## Aim of the task
Exactly as given, restate each record that follows.

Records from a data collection
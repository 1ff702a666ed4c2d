-- ===== src/Extent/Inode/Rewrite.antt =====
-- `write_file` and then `read_file`, for a file that keeps its number of blocks.
use cse_2014_undergrad.Prelude.{
  ℕ, ◌+◌, ◌-◌, ◌*◌, ◌%◌, ◌<◌, ◌≤◌, true, false, some, ◌≡◌, ◌≢◌, refl, sym, ap, ◌∙◌, arith,
  if◌then◌else◌, ltb, min, ◌==◌, ==_iff, ==-refl, Bool-cases, inl, inr,
}
use cse_2014_undergrad.Extent.Block.{
  block_num, block_size, inode_num, iblock, Block, read_block, BlockManager,
}
use cse_2014_undergrad.Extent.Inode.{ndirect, Inode, ceil, get_inode, put_inode}
use cse_2014_undergrad.Extent.Inode.Table.{IsFormatted, read_block-lt, write_block-ne}
use cse_2014_undergrad.Extent.Inode.Blocks.{read_from_lem}
use cse_2014_undergrad.Extent.Inode.File.{
  Open, blk, open_file, bytes_from, read_file, piece, write_from, write_same, write_file,
}

-- The blocks behind the bitmap and the inodes
abbrev pub IsData : ℕ → Type 0
IsData id = (353 ≤ id) × (id < block_num)

-- A file has no more blocks than there are addresses for them, each is a data block, and no two are the
-- same, the block of addresses included.
pub record IsLaidOut (f : Open) : Type 0 where
  pub few : ceil f.ino.size block_size ≤ 160
  pub placed : (k : ℕ) → k < ceil f.ino.size block_size → IsData (blk f k)
  pub apart : (k l : ℕ) → k < l → l < ceil f.ino.size block_size → blk f l ≢ blk f k
  pub last_placed : ndirect < ceil f.ino.size block_size → IsData (f.ino.blocks ndirect)
  pub last_apart :
      (k : ℕ)
      → ndirect < ceil f.ino.size block_size
      → k < ceil f.ino.size block_size
      → blk f k ≢ f.ino.blocks ndirect

-- The addresses of a file depend only on its inode and on its block of addresses.
pub blk-kept :
    (stack stack' : Block) (bm bm' : BlockManager) (ino ino' : Inode) (k : ℕ)
    → ceil ino'.size block_size ≡ ceil ino.size block_size
    → ino'.blocks ≡ ino.blocks
    → ceil ino.size block_size ≤ 160
    → k < ceil ino.size block_size
    → (ndirect < ceil ino.size block_size
        → ((j : ℕ)
            → j < block_size
            → bm'.disk (ino.blocks ndirect) j ≡ bm.disk (ino.blocks ndirect) j)
          × (ino.blocks ndirect < block_num))
    → blk (open_file stack' bm' ino') k ≡ blk (open_file stack bm ino) k
unfolding open_file
blk-kept stack stack' bm bm' ino ino' k e b few h g = elim (Bool-cases (ltb k ndirect)) [
  | inl y ↦ rw (y, b) refl
  | inr y ↦
      let long : ndirect < ceil ino.size block_size = ground arith in
      let t : ltb ndirect (ceil ino.size block_size) ≡ true = ground arith in
      let t' : ltb ndirect (ceil ino'.size block_size) ≡ true = rw e t in
      let low : 4 * (k - ndirect) + 3 < block_size = ground arith in
      let same : (j : ℕ)
          → j < block_size
          → read_block bm'.disk (ino'.blocks ndirect) stack' j
            ≡ read_block bm.disk (ino.blocks ndirect) stack j =
        λ j m.
          ap (λ q. read_block bm'.disk (q ndirect) stack' j) b
          ∙ read_block-lt bm'.disk (ino.blocks ndirect) stack' j (g long).1 m
          ∙ (g long).0 j m
          ∙ sym (read_block-lt bm.disk (ino.blocks ndirect) stack j (g long).1 m) in
      let p : ℕ = 4 * (k - ndirect) in
      rw (y, t, t')
        (let q0 = same p (omega arith) in
          let q1 = same (p + 1) (omega arith) in
          let q2 = same (p + 2) (omega arith) in
          let q3 = same (p + 3) (omega arith) in omega (arith, q0, q1, q2, q3))
]

pub put_inode_keeps :
    (stack : Block) (bm : BlockManager) (inum : ℕ) (ino : Inode) (id : ℕ)
    → IsFormatted bm
    → inum < inode_num
    → 353 ≤ id
    → BlockManager.disk (put_inode stack bm inum ino) id ≡ bm.disk id
unfolding put_inode
put_inode_keeps stack bm inum ino id f h k =
    let n : iblock inum bm.nblocks ≢ id = λ e. absurd (omega (arith, f, e, h, k)) in
    write_block-ne bm.disk (iblock inum bm.nblocks) _ id n

-- The inode of a file that has been written and has kept its number of blocks
abbrev pub rewritten : ℕ → ℕ → Inode → Inode
rewritten cur size ino = record ino { mtime = cur; ctime = cur; size = size }

write_same_lem :
    (stack : Block) (cur : ℕ) (bm : BlockManager) (inum : ℕ) (ino : Inode) (size : ℕ)
    → write_same stack cur bm inum ino size ≡ put_inode stack bm inum (rewritten cur size ino)
unfolding write_same
write_same_lem stack cur bm inum ino size = elim (Bool-cases (size == ino.size)) [
  | inl y ↦
      let e : size ≡ ino.size = (==_iff _ _).0 y in
      rw y (
        ap (λ s. put_inode stack bm inum (record ino { mtime = cur; ctime = cur; size = s }))
          (sym e))
  | inr y ↦ rw y refl
]

-- The disk, once the contents have gone to the blocks
abbrev pub with_content : Block → BlockManager → Inode → Block → BlockManager
with_content stack bm ino content = record bm {
  disk = write_from (ceil ino.size block_size) 0 bm.disk (open_file stack bm ino) content;
}

min_self : (n : ℕ) → min n n ≡ n
min_self n = omega arith

pub write_file_same :
    (stack : Block) (cur : ℕ) (bm : BlockManager) (inum : ℕ) (ino : Inode) (content : Block)
    (size : ℕ)
    → get_inode stack bm inum ≡ some ino
    → (ino.type == 0) ≡ false
    → ceil size block_size ≡ ceil ino.size block_size
    → write_file stack cur bm inum content size
      ≡ put_inode stack (with_content stack bm ino content) inum (rewritten cur size ino)
unfolding write_file
write_file_same stack cur bm inum ino content size g t e =
    rw
      (g, t, e, min_self (ceil ino.size block_size), ==-refl (ceil ino.size block_size), write_file)
      (write_same_lem stack cur (with_content stack bm ino content) inum ino size)

length_split :
    (size : ℕ)
    → (size == 0) ≡ false
    → (ceil size block_size - 1) * block_size
        + (if size % block_size == 0 then block_size else size % block_size)
      ≡ size
length_split size h = ground arith

rest_le :
    (size : ℕ) → (if size % block_size == 0 then block_size else size % block_size) ≤ block_size
rest_le size = ground arith

-- `read_file` of a file whose blocks hold contents
pub read_file_holds :
    (stack : Block) (cur : ℕ) (bm : BlockManager) (inum : ℕ) (ino : Inode) (content : Block)
    → get_inode stack bm inum ≡ some ino
    → (ino.type == 0) ≡ false
    → ((k : ℕ) → k < ceil ino.size block_size → blk (open_file stack bm ino) k < block_num)
    → ((k j : ℕ)
        → k < ceil ino.size block_size
        → j < block_size
        → bm.disk (blk (open_file stack bm ino) k) j ≡ piece content k j)
    → (read_file stack cur bm inum).0 ≡ some (bytes_from content 0 ino.size)
unfolding read_file
read_file_holds stack cur bm inum ino content g t r h = elim (Bool-cases (ino.size == 0)) [
  | inl y ↦
      let e : 0 ≡ ino.size = sym ((==_iff _ _).0 y) in
      rw (g, t, y, read_file) (ap (λ n. some (bytes_from content 0 n)) e)
  | inr y ↦
      let many : 1 ≤ ceil ino.size block_size = ground arith in
      rw (g, t, y, read_file)
        (ap some (
          read_from_lem (ceil ino.size block_size - 1) 0 _ bm.disk (open_file stack bm ino) stack
            content (λ k a b. r k (omega (arith, many)))
            (λ k j a b c. h k j (omega (arith, many)) c) (rest_le ino.size)
          ∙ ap (λ n. bytes_from content 0 n) (length_split ino.size y)))
]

## Response to the task
repository 1ff702a666ed4c2d
-- ===== src/Extent/Inode/Rewrite.antt =====
-- `write_file` and then `read_file`, for a file that keeps its number of blocks.
use cse_2014_undergrad.Prelude.{
  ℕ, ◌+◌, ◌-◌, ◌*◌, ◌%◌, ◌<◌, ◌≤◌, true, false, some, ◌≡◌, ◌≢◌, refl, sym, ap, ◌∙◌, arith,
  if◌then◌else◌, ltb, min, ◌==◌, ==_iff, ==-refl, Bool-cases, inl, inr,
}
use cse_2014_undergrad.Extent.Block.{
  block_num, block_size, inode_num, iblock, Block, read_block, BlockManager,
}
use cse_2014_undergrad.Extent.Inode.{ndirect, Inode, ceil, get_inode, put_inode}
use cse_2014_undergrad.Extent.Inode.Table.{IsFormatted, read_block-lt, write_block-ne}
use cse_2014_undergrad.Extent.Inode.Blocks.{read_from_lem}
use cse_2014_undergrad.Extent.Inode.File.{
  Open, blk, open_file, bytes_from, read_file, piece, write_from, write_same, write_file,
}

-- The blocks behind the bitmap and the inodes
abbrev pub IsData : ℕ → Type 0
IsData id = (353 ≤ id) × (id < block_num)

-- A file has no more blocks than there are addresses for them, each is a data block, and no two are the
-- same, the block of addresses included.
pub record IsLaidOut (f : Open) : Type 0 where
  pub few : ceil f.ino.size block_size ≤ 160
  pub placed : (k : ℕ) → k < ceil f.ino.size block_size → IsData (blk f k)
  pub apart : (k l : ℕ) → k < l → l < ceil f.ino.size block_size → blk f l ≢ blk f k
  pub last_placed : ndirect < ceil f.ino.size block_size → IsData (f.ino.blocks ndirect)
  pub last_apart :
      (k : ℕ)
      → ndirect < ceil f.ino.size block_size
      → k < ceil f.ino.size block_size
      → blk f k ≢ f.ino.blocks ndirect

-- The addresses of a file depend only on its inode and on its block of addresses.
pub blk-kept :
    (stack stack' : Block) (bm bm' : BlockManager) (ino ino' : Inode) (k : ℕ)
    → ceil ino'.size block_size ≡ ceil ino.size block_size
    → ino'.blocks ≡ ino.blocks
    → ceil ino.size block_size ≤ 160
    → k < ceil ino.size block_size
    → (ndirect < ceil ino.size block_size
        → ((j : ℕ)
            → j < block_size
            → bm'.disk (ino.blocks ndirect) j ≡ bm.disk (ino.blocks ndirect) j)
          × (ino.blocks ndirect < block_num))
    → blk (open_file stack' bm' ino') k ≡ blk (open_file stack bm ino) k
unfolding open_file
blk-kept stack stack' bm bm' ino ino' k e b few h g = elim (Bool-cases (ltb k ndirect)) [
  | inl y ↦ rw (y, b) refl
  | inr y ↦
      let long : ndirect < ceil ino.size block_size = ground arith in
      let t : ltb ndirect (ceil ino.size block_size) ≡ true = ground arith in
      let t' : ltb ndirect (ceil ino'.size block_size) ≡ true = rw e t in
      let low : 4 * (k - ndirect) + 3 < block_size = ground arith in
      let same : (j : ℕ)
          → j < block_size
          → read_block bm'.disk (ino'.blocks ndirect) stack' j
            ≡ read_block bm.disk (ino.blocks ndirect) stack j =
        λ j m.
          ap (λ q. read_block bm'.disk (q ndirect) stack' j) b
          ∙ read_block-lt bm'.disk (ino.blocks ndirect) stack' j (g long).1 m
          ∙ (g long).0 j m
          ∙ sym (read_block-lt bm.disk (ino.blocks ndirect) stack j (g long).1 m) in
      let p : ℕ = 4 * (k - ndirect) in
      rw (y, t, t')
        (let q0 = same p (omega arith) in
          let q1 = same (p + 1) (omega arith) in
          let q2 = same (p + 2) (omega arith) in
          let q3 = same (p + 3) (omega arith) in omega (arith, q0, q1, q2, q3))
]

pub put_inode_keeps :
    (stack : Block) (bm : BlockManager) (inum : ℕ) (ino : Inode) (id : ℕ)
    → IsFormatted bm
    → inum < inode_num
    → 353 ≤ id
    → BlockManager.disk (put_inode stack bm inum ino) id ≡ bm.disk id
unfolding put_inode
put_inode_keeps stack bm inum ino id f h k =
    let n : iblock inum bm.nblocks ≢ id = λ e. absurd (omega (arith, f, e, h, k)) in
    write_block-ne bm.disk (iblock inum bm.nblocks) _ id n

-- The inode of a file that has been written and has kept its number of blocks
abbrev pub rewritten : ℕ → ℕ → Inode → Inode
rewritten cur size ino = record ino { mtime = cur; ctime = cur; size = size }

write_same_lem :
    (stack : Block) (cur : ℕ) (bm : BlockManager) (inum : ℕ) (ino : Inode) (size : ℕ)
    → write_same stack cur bm inum ino size ≡ put_inode stack bm inum (rewritten cur size ino)
unfolding write_same
write_same_lem stack cur bm inum ino size = elim (Bool-cases (size == ino.size)) [
  | inl y ↦
      let e : size ≡ ino.size = (==_iff _ _).0 y in
      rw y (
        ap (λ s. put_inode stack bm inum (record ino { mtime = cur; ctime = cur; size = s }))
          (sym e))
  | inr y ↦ rw y refl
]

-- The disk, once the contents have gone to the blocks
abbrev pub with_content : Block → BlockManager → Inode → Block → BlockManager
with_content stack bm ino content = record bm {
  disk = write_from (ceil ino.size block_size) 0 bm.disk (open_file stack bm ino) content;
}

min_self : (n : ℕ) → min n n ≡ n
min_self n = omega arith

pub write_file_same :
    (stack : Block) (cur : ℕ) (bm : BlockManager) (inum : ℕ) (ino : Inode) (content : Block)
    (size : ℕ)
    → get_inode stack bm inum ≡ some ino
    → (ino.type == 0) ≡ false
    → ceil size block_size ≡ ceil ino.size block_size
    → write_file stack cur bm inum content size
      ≡ put_inode stack (with_content stack bm ino content) inum (rewritten cur size ino)
unfolding write_file
write_file_same stack cur bm inum ino content size g t e =
    rw
      (g, t, e, min_self (ceil ino.size block_size), ==-refl (ceil ino.size block_size), write_file)
      (write_same_lem stack cur (with_content stack bm ino content) inum ino size)

length_split :
    (size : ℕ)
    → (size == 0) ≡ false
    → (ceil size block_size - 1) * block_size
        + (if size % block_size == 0 then block_size else size % block_size)
      ≡ size
length_split size h = ground arith

rest_le :
    (size : ℕ) → (if size % block_size == 0 then block_size else size % block_size) ≤ block_size
rest_le size = ground arith

-- `read_file` of a file whose blocks hold contents
pub read_file_holds :
    (stack : Block) (cur : ℕ) (bm : BlockManager) (inum : ℕ) (ino : Inode) (content : Block)
    → get_inode stack bm inum ≡ some ino
    → (ino.type == 0) ≡ false
    → ((k : ℕ) → k < ceil ino.size block_size → blk (open_file stack bm ino) k < block_num)
    → ((k j : ℕ)
        → k < ceil ino.size block_size
        → j < block_size
        → bm.disk (blk (open_file stack bm ino) k) j ≡ piece content k j)
    → (read_file stack cur bm inum).0 ≡ some (bytes_from content 0 ino.size)
unfolding read_file
read_file_holds stack cur bm inum ino content g t r h = elim (Bool-cases (ino.size == 0)) [
  | inl y ↦
      let e : 0 ≡ ino.size = sym ((==_iff _ _).0 y) in
      rw (g, t, y, read_file) (ap (λ n. some (bytes_from content 0 n)) e)
  | inr y ↦
      let many : 1 ≤ ceil ino.size block_size = ground arith in
      rw (g, t, y, read_file)
        (ap some (
          read_from_lem (ceil ino.size block_size - 1) 0 _ bm.disk (open_file stack bm ino) stack
            content (λ k a b. r k (omega (arith, many)))
            (λ k j a b c. h k j (omega (arith, many)) c) (rest_le ino.size)
          ∙ ap (λ n. bytes_from content 0 n) (length_split ino.size y)))
]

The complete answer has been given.